En 1604, politique d’apaisement malgré l’opposition de Jacques Usher, archevêque anglican de Armagh.Elle ne tient pas longtemps et Thomas Wentworth, Lord-Député de 1633 à 1640, applique une politique de rigueur qui amène une certaine prospérité économique mais aussi une non moins certaines intransigeance en matière de religion.L’Irlande se révolte ; elle a pour chef militaire un ancien mercenaire du Roi d’Espagne : Owen Roe O’Neill qui rappela les mercenaires qui travaillaient sur le continent.L’Irlande devenue Confédération de Kilkenny constitue son gouvernement avant de plier sous la domination de Cromwell.

En août 1649, les troupes de choc de Cromwell débarquent et opèrent le massacre des catholiques à Drogheda et Wexford.En 1652, les hommes d’armes de la Confédération rejoignent la France et l’espagne pour reprendre leur métier de mercenaire.Des civils furent déportés en Amérique.

Une nouvelle classe de possédants s’instaure : les “Cromwelliens” qui ne résident pas sur leurs terres.

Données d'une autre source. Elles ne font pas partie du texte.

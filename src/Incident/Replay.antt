-- ===== src/Incident/Replay.antt =====
-- incident_environment.py: an operation that has run is replayed.
use agent_learning_loop.Base.{
  String, Bool, true, false, not, Option, none, some, List, [], ◌∷◌, lookup, has_key, contains,
  lookup-insert, eq_iff, ap, string_eq, ◌!=◌, JsonValue, bool, Stdlib, ◌≡◌, refl, arith, if_intro,
  if◌then◌else◌,
}
use agent_learning_loop.Incident.Names.{IncidentToolName, incident_tool_eq}
use agent_learning_loop.Incident.Contracts.{
  IncidentAction, IncidentToolResult, IncidentResultStatus,
}
use agent_learning_loop.Incident.Environment.{
  IncidentEnvironment, Answer, Operation, snapshot, add_record, reject_with, target_of,
}
use agent_learning_loop.Incident.Approvals.{is_closed}
use agent_learning_loop.Incident.HighImpact.{
  Request, operation_fingerprint, refuse, permits, mutated, run_new, run_request, with_identifiers,
  high_impact,
}
use agent_learning_loop.Incident.Execute.{
  perform_restart, restart_service, perform_flag, flag_request, set_feature_flag, dispatch, execute,
  execute_all,
}
use agent_learning_loop.Incident.Stepped.{execute-Steps}
use agent_learning_loop.Incident.Grows.{Grows, Grows-trans, step-Grows, execute_all-Grows}

abbrev pub changes_system : IncidentToolName → Bool
changes_system tool =
    contains (IncidentToolName.restart_simulated_service ∷ IncidentToolName.set_feature_flag ∷ [])
      tool

-- The environment remembers a request with a result.
record Recalls (lib : Stdlib) (r : Request) (result : IncidentToolResult) (e : IncidentEnvironment)
    : Type 0 where
  previous : Operation
  found : lookup r.operation_id e.operations ≡ some previous
  same_request : previous.fingerprint ≡ operation_fingerprint lib r
  same_result :
      record previous.result { idempotency_hit = true } ≡ record result { idempotency_hit = true }

-- A successful answer leaves an environment that remembers the request.
abbrev Remembers : Stdlib → Request → IncidentToolResult → Answer → Type 0
Remembers lib r result x =
    x.0 ≡ some result → result.status ≡ IncidentResultStatus.ok → Recalls lib r result x.1

-- An answer that repeats a result and leaves what the snapshot shows.
abbrev pub Replays : IncidentToolResult → IncidentEnvironment → Answer → Type 0
Replays result e x =
    (x.0 ≡ some (record result { idempotency_hit = true })) × (snapshot x.1 ≡ snapshot e)

refuse-Remembers :
    (lib : Stdlib) (r : Request) (category : String) (result : IncidentToolResult)
    (e : IncidentEnvironment)
    → Remembers lib r result (refuse lib r category e)
unfolding reject_with
refuse-Remembers lib r category result e h ok = cc

mutated-Remembers :
    (lib : Stdlib) (r : Request) (result : IncidentToolResult) (x : Answer)
    → Remembers lib r result (mutated lib r x)
unfolding add_record
mutated-Remembers lib r result (none, e) h ok = cc
mutated-Remembers lib r result (some made, e) h ok = record {
  previous = record { fingerprint = operation_fingerprint lib r; result = made };
  found =
      rw (lookup-insert r.operation_id r.operation_id _ e.operations)
        (ground (arith, eq_iff r.operation_id r.operation_id));
  same_request = refl;
  same_result = cc;
}

run_request-Remembers :
    (lib : Stdlib) (r : Request) (result : IncidentToolResult) (previous : Option Operation)
    (mutation : IncidentEnvironment → Answer) (e : IncidentEnvironment)
    → lookup r.operation_id e.operations ≡ previous
    → Remembers lib r result (run_request lib r previous mutation e)
unfolding run_new add_record
run_request-Remembers lib r result none mutation e fresh =
    if_intro (Remembers lib r result) (is_closed e.incident_status) _ _
      (λ _. refuse-Remembers lib r "incident_terminal" result e)
      (λ _.
        if_intro (Remembers lib r result) (not (permits lib r e (lookup r.approval_id e.grants))) _
          _ (λ _. refuse-Remembers lib r "approval_mismatch" result e)
          (λ _. mutated-Remembers lib r result (mutation e)))
run_request-Remembers lib r result (some previous) mutation e found =
    if_intro (Remembers lib r result) (previous.fingerprint != operation_fingerprint lib r) _ _
      (λ _. refuse-Remembers lib r "idempotency_conflict" result e)
      (λ same h ok. record {
        previous = previous;
        found = found;
        same_request =
            ground (arith, eq_iff previous.fingerprint (operation_fingerprint lib r), same);
        same_result = cc;
      })

equal_texts : (a b : String) → a ≡ b → (a != b) ≡ false
equal_texts a b h = ground (arith, eq_iff a b)

replay_recalled :
    (lib : Stdlib) (r : Request) (result : IncidentToolResult)
    (mutation : IncidentEnvironment → Answer) (e : IncidentEnvironment)
    → Recalls lib r result e
    → Replays result e (run_request lib r (lookup r.operation_id e.operations) mutation e)
unfolding add_record snapshot
replay_recalled lib r result mutation e h =
    rw (h.found, equal_texts h.previous.fingerprint (operation_fingerprint lib r) h.same_request)
      (ap some h.same_result, refl)

-- a remembered request is remembered later
Recalls-Grows :
    {lib : Stdlib} {r : Request} {result : IncidentToolResult} {e e' : IncidentEnvironment}
    → Recalls lib r result e
    → Grows e e'
    → Recalls lib r result e'
Recalls-Grows {r = r} h g = record {
  previous = h.previous;
  found = g.operations_kept r.operation_id h.previous h.found;
  same_request = h.same_request;
  same_result = h.same_result;
}

module _ (lib : Stdlib) (result : IncidentToolResult) (ok : result.status ≡ IncidentResultStatus.ok)
    (e e' : IncidentEnvironment) where
  -- If the first answer is the success, and the environment comes later, the second repeats it.
  abbrev Later : Answer → Answer → Type 0
  Later x y = x.0 ≡ some result → Grows x.1 e' → Replays result e' y

  abbrev Again : (IncidentEnvironment → Answer) → Type 0
  Again call = Later (call e) (call e')

  if-Later :
      (b b' : Bool) (x x' y y' : Answer)
      → (b ≡ true → b' ≡ true)
      → Later x y
      → ((z : Answer) → x'.0 ≡ some result → Replays result e' z)
      → Later (if b then x else x') (if b' then y else y')
  if-Later true true x x' y y' kept h r = h
  if-Later true false x x' y y' kept h r = cc (kept refl)
  if-Later false b' x x' y y' kept h r = λ s _. r _ s

  rejected_again :
      (action : IncidentAction) (category target : String)
      (approval operation fingerprint : Option String) (x : Answer)
      → (reject_with action category target approval operation fingerprint e).0 ≡ some result
      → Replays result e' x
  unfolding reject_with
  rejected_again action category target approval operation fingerprint x h = cc

  with_identifiers-Again :
      (action : IncidentAction) (target : String) (approval operation : Option String)
      (mutation : IncidentEnvironment → Answer)
      → Again (with_identifiers lib action target approval operation mutation)
  with_identifiers-Again action target none operation mutation h g =
      rejected_again action "approval_required" target none none none _ h
  with_identifiers-Again action target (some approval) none mutation h g =
      rejected_again action "operation_required" target (some approval) none none _ h
  with_identifiers-Again action target (some approval) (some operation) mutation h g =
      replay_recalled lib _ result mutation e' (
        Recalls-Grows
          (run_request-Remembers lib _ result (lookup operation e.operations) mutation e refl h ok)
          g)

  high_impact-Again :
      (action : IncidentAction) (target : String) (mutation : IncidentEnvironment → Answer)
      → Again (high_impact lib action target mutation)
  unfolding high_impact
  high_impact-Again action target mutation h g =
      with_identifiers-Again action target _ _ mutation h g

  restart_service-Again :
      (action : IncidentAction)
      → (has_key (target_of action) e.services ≡ true
          → has_key (target_of action) e'.services ≡ true)
      → Again (restart_service lib action)
  unfolding restart_service
  restart_service-Again action kept =
      if-Later (has_key (target_of action) e.services) (has_key (target_of action) e'.services) _ _
        _ _ kept (high_impact-Again action (target_of action) (perform_restart (target_of action)))
        (rejected_again action "unknown_service" (target_of action) none none none)

  flag_request-Again :
      (action : IncidentAction) (target : String) (known known' : Bool) (value : Option JsonValue)
      → (known ≡ true → known' ≡ true)
      → Later
          (flag_request lib action target known value e)
          (flag_request lib action target known' value e')
  flag_request-Again action target true true (some (bool enabled)) kept =
      high_impact-Again action target (perform_flag target enabled)
  flag_request-Again action target true false (some (bool enabled)) kept = cc (kept refl)
  flag_request-Again action target _ known' _ kept =
      λ h _. rejected_again action "invalid_config_mutation" target none none none _ h

  set_feature_flag-Again :
      (action : IncidentAction)
      → (has_key (target_of action) e.feature_flags ≡ true
          → has_key (target_of action) e'.feature_flags ≡ true)
      → Again (set_feature_flag lib action)
  unfolding set_feature_flag
  set_feature_flag-Again action kept = flag_request-Again action (target_of action) _ _ _ kept

  -- the tools that change the simulated system
  dispatch-Again :
      (redact : String → String) (tool : IncidentToolName) (action : IncidentAction)
      → changes_system tool ≡ true
      → Grows e e'
      → Again (dispatch lib redact tool action)
  dispatch-Again redact IncidentToolName.restart_simulated_service action m g =
      restart_service-Again action (g.services_kept (target_of action))
  dispatch-Again redact IncidentToolName.set_feature_flag action m g =
      set_feature_flag-Again action (g.flags_kept (target_of action))
  dispatch-Again redact _ action m g = cc m

  execute-Again :
      (redact : String → String) (action : IncidentAction)
      → changes_system action.tool_name ≡ true
      → Grows e e'
      → Again (execute lib redact action)
  unfolding execute
  execute-Again redact action m g =
      if-Later (contains e.fixture.task.allowed_tools action.tool_name)
        (contains e'.fixture.task.allowed_tools action.tool_name) _ _ _ _ (λ h. rw g.fixture_kept h)
        (dispatch-Again redact action.tool_name action m g)
        (rejected_again action "tool_not_allowed" "task" none none none)

-- A restart or a flag change that succeeded may be called again, after any further actions, even on a
-- closed incident: it returns the same result, marked as an idempotency hit, and changes nothing that
-- the snapshot shows.
pub execute-Replays :
    (lib : Stdlib) (redact : String → String) (action : IncidentAction)
    (later : List IncidentAction) (e : IncidentEnvironment) (result : IncidentToolResult)
    → changes_system action.tool_name ≡ true
    → (execute lib redact action e).0 ≡ some result
    → result.status ≡ IncidentResultStatus.ok
    → Replays result
        (execute_all lib redact (action ∷ later) e)
        (execute lib redact action (execute_all lib redact (action ∷ later) e))
unfolding execute_all
execute-Replays lib redact action later e result m h ok =
    let e1 = (execute lib redact action e).1 in
    let grown = execute_all-Grows lib redact later e1 in
    execute-Again lib result ok e (execute_all lib redact later e1) redact action m
      (Grows-trans (step-Grows (execute-Steps lib e redact action)) grown) h grown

A la mort de Cromwell en 1658, l’Irlande est ruinée et dépeuplée.Les catholiques ne possèdent plus que 25 % des terres et essentiellement celles de l’Ouest, les plus mauvaises.

1660 : Restauration des Stuart et renouveau d’espoir en Irlande.
1662 : Les catholiques peuvent redemander la restitution d’un tiers des terres.
Ormonde, qui avait été député en 1647, retrouve son poste et gouverne avec une extrême prudence.Il défendit l’Irlande contre les affairistes de la City qui considéraient l’Irlande comme une colonie d’outremer.Il ne peut s’opposer au bloquage de la navigation de cabotage qui permettait l’exportation de produits agricoles vers l’Angleterre (Extension à l’Irlande des Navigation Acts).
1685 : Avènement de Jacques II, les Irlandais reprennent confiance.
En effet, Jacques II ouvre la fonction publique aux catholiques.Le Lord Lieutenant est un catholique : Richard Talbot comte de Tyrconnel.
Durant les guerres anglo-hollandaises, les Stuart pouvaient compter sur l’appui de la France contre les Provinces Unies.
Malgré la paix de Nimégue et la trêve de Ratisbonne, la tension allait reprendre en Europe : la Révolution de l’Edit de Nantes en 1685 et l’annonce du retour de l’Angleterre au catholicisme.Ces faits joints à la question de la succession d’Espagne et aux affaires allemandes entraînent la constitution de la Ligue d’Augsbourg (contre Louis XVI), rejointe par les Provinces Unies dont le Staathouder est Guillaume d’Orange.
En 1688, la France déclare la guerre à cette coalition, au moment où les Anglais décident de se débarrasser des Stuart, et font appel à Guillaume d’Orange, époux de Marie et neveu de Charles II par sa mère.

C’est le début de la “Glorieuse Révolution”. Guillaume débarque en Angleterre et Jacques Iui fuit vers la France où il constitue le parti jacobite”

Et voilà le moment où interviennent les fugitifs de la Révocation de l’Edit de Nantes.
L’Irlande va devenir l’enjeu stratégique de la lutte entre la France qui soutient Jacques II et les puissances maritimes protestantes.

Richard Talbot avait naturellement refusé de reconnaître la légitimité  de Guillaume III d’Orange.

Louis XIV décide une attaque pour le printemps 1689. Jacques II débarque à Kinsale sous l’acclamation des catholiques.Tandis que la flotte française rentre à Brest, Jacques II en avril 1689 entre à Dublin.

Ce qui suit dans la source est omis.